68 cores doing absolutely nothing while almost 150 packages sat in the queue collecting dust.

10:30 — First Theory: Coordinator Bug

Checked the coordinator logs. No errors. It was happily reporting “queue populated, dispatching work” — but the drones weren’t picking it up. Or more accurately, they were picking it up, failing, and getting grounded.

[orchestrator-Izar] drone-Izar: grounded after 3 consecutive failures
[orchestrator-Izar] drone-Tarn: grounded after 3 consecutive failures
[orchestrator-Izar] drone-Meridian: grounded after 3 consecutive failures

Every drone was attempting builds, failing immediately, and getting grounded by the orchestrator’s safety logic.
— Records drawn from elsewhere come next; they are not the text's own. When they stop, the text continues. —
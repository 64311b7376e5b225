-- ===== src/Server/Batches.antt =====
-- BatchAdd on a node without Raft: the ids go to the engine one by one, up to the first whose Save
-- fails.
use mathlib.Core.List.{foldl}
use time_series_cardinality.Base.{
  ℕ, ◌≡◌, ◌≢◌, refl, sym, ◌∙◌, ap, inl, inr, List, [], ◌∷◌, ◌++◌, Bytes, arith, Option-cases,
  bytes_eq, bytes_eqb_iff, ◌==◌, none, length, false,
}
use time_series_cardinality.External.{Murmur}
use time_series_cardinality.Errors.{Result, ok}
use time_series_cardinality.Sketch.{SketchOps, Algorithm}
use time_series_cardinality.Engine.{Engine, added}
use time_series_cardinality.Store.{Badger}
use time_series_cardinality.Server.{
  Server, Network, Config, note, batch_size, peer_of, add_id, add_ids, batch_add_body, batch_add,
  AddResponse, batch_add_method,
}
use time_series_cardinality.Server.Forwarding.{finish-same}
use time_series_cardinality.Server.Standalone.{add_id_standalone}

module _ (o : SketchOps) (alg : Algorithm o) (Db : Type 0) {W : Type 0} (net : Network W)
    (badger : Badger Db) (m : Murmur) (config : Config W) (group : Bytes) where
  -- The engine after ids were added to the group in order.
  pub filled : List ℕ → Engine o alg → Engine o alg
  filled ids e = foldl (λ (t : Engine o alg) (id : ℕ). added o alg group id t) e ids

  -- A prefix of the ids is in the engine; all of them, if r is no error.
  pub record Prefix (ids : List ℕ) (e e' : Engine o alg) (r : Result AddResponse) : Type 0 where
    pub taken : List ℕ
    pub left : List ℕ
    pub split : ids ≡ taken ++ left
    pub engine : e' ≡ filled taken e
    pub whole : (a : AddResponse) → r ≡ ok a → left ≡ []

  module _ (own : peer_of m config group ≡ none) (alone : config.node ≡ none) where
    add_ids-Prefix :
        (ids : List ℕ) (s : Server o alg Db net)
        → Prefix ids s.engine
            (add_ids o alg Db net badger m config group ids s).1.engine
            (add_ids o alg Db net badger m config group ids s).0.0
    unfolding add_ids filled
    add_ids-Prefix [] s = record {
      taken = [];
      left = [];
      split = refl;
      engine = refl;
      whole = λ a h. refl;
    }
    add_ids-Prefix (v ∷ ids) s =
        let stored =
          (add_id_standalone o alg Db net badger m config group own alone batch_add_method v s).2 in
        let t = (add_id o alg Db net badger m config batch_add_method group v s).1 in
        let ih = add_ids-Prefix ids t in
        elim (Option-cases (add_id o alg Db net badger m config batch_add_method group v s).0) [
          | inl fine ↦
              rw (fine, add_ids)
                (record {
                  taken = v ∷ ih.taken;
                  left = ih.left;
                  split = ap (λ l. v ∷ l) ih.split;
                  engine = ih.engine ∙ ap (filled ih.taken) stored.engine;
                  whole = ih.whole;
                })
          | inr (x, failed) ↦
              rw (failed, add_ids)
                (record {
                  taken = v ∷ [];
                  left = ids;
                  split = refl;
                  engine = stored.engine;
                  whole = λ a h. cc h;
                })
        ]

    -- BatchAdd for a named group on a node that answers itself, without Raft: whatever Save does,
    -- the engine then has a prefix of the ids, added in order, and all of them if the call returns
    -- no error.
    pub batch_add_prefix :
        (ids : List ℕ) (s : Server o alg Db net)
        → group ≢ []
        → Prefix ids s.engine
            (batch_add o alg Db net badger m config group ids s).1.engine
            (batch_add o alg Db net badger m config group ids s).0
    unfolding batch_add batch_add_body note
    batch_add_prefix ids s named =
        let known : (group == []) ≡ false = ground (arith, bytes_eqb_iff group []) in
        let s' = note o alg Db net (batch_size (length ids)) s in
        let p = add_ids-Prefix ids s' in
        let body = batch_add_body o alg Db net badger m config group ids s in
        let same : body ≡ add_ids o alg Db net badger m config group ids s' =
          rw (known, own) refl in
        let (r, e, _) = finish-same o alg Db net badger m config batch_add_method body in
        record {
          taken = p.taken;
          left = p.left;
          split = p.split;
          engine = e ∙ ap (λ q. q.1.engine) same ∙ p.engine;
          whole = λ a h. p.whole a (sym (r ∙ ap (λ q. q.0.0) same) ∙ h);
        }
Three strikes and you’re out.

12:15 — Second Theory: Package Issue

Pulled the build logs from drone-Izar. The emerge commands were failing because the packages referenced in the queue didn’t match what was available. Queue had version 6.22.0 packages. The actual driver on the drones had 6.20.0.

The queue was stale. It had been generated against a newer portage tree, but the drones hadn’t been synced. Every package atom in the queue was either the wrong version or had dependency conflicts.

14:00 — The Real Problem: Undeployed Code

While digging, I found something worse. The code changes from the previous session — bug fixes, improvements, the works — had never been deployed to the remote nodes.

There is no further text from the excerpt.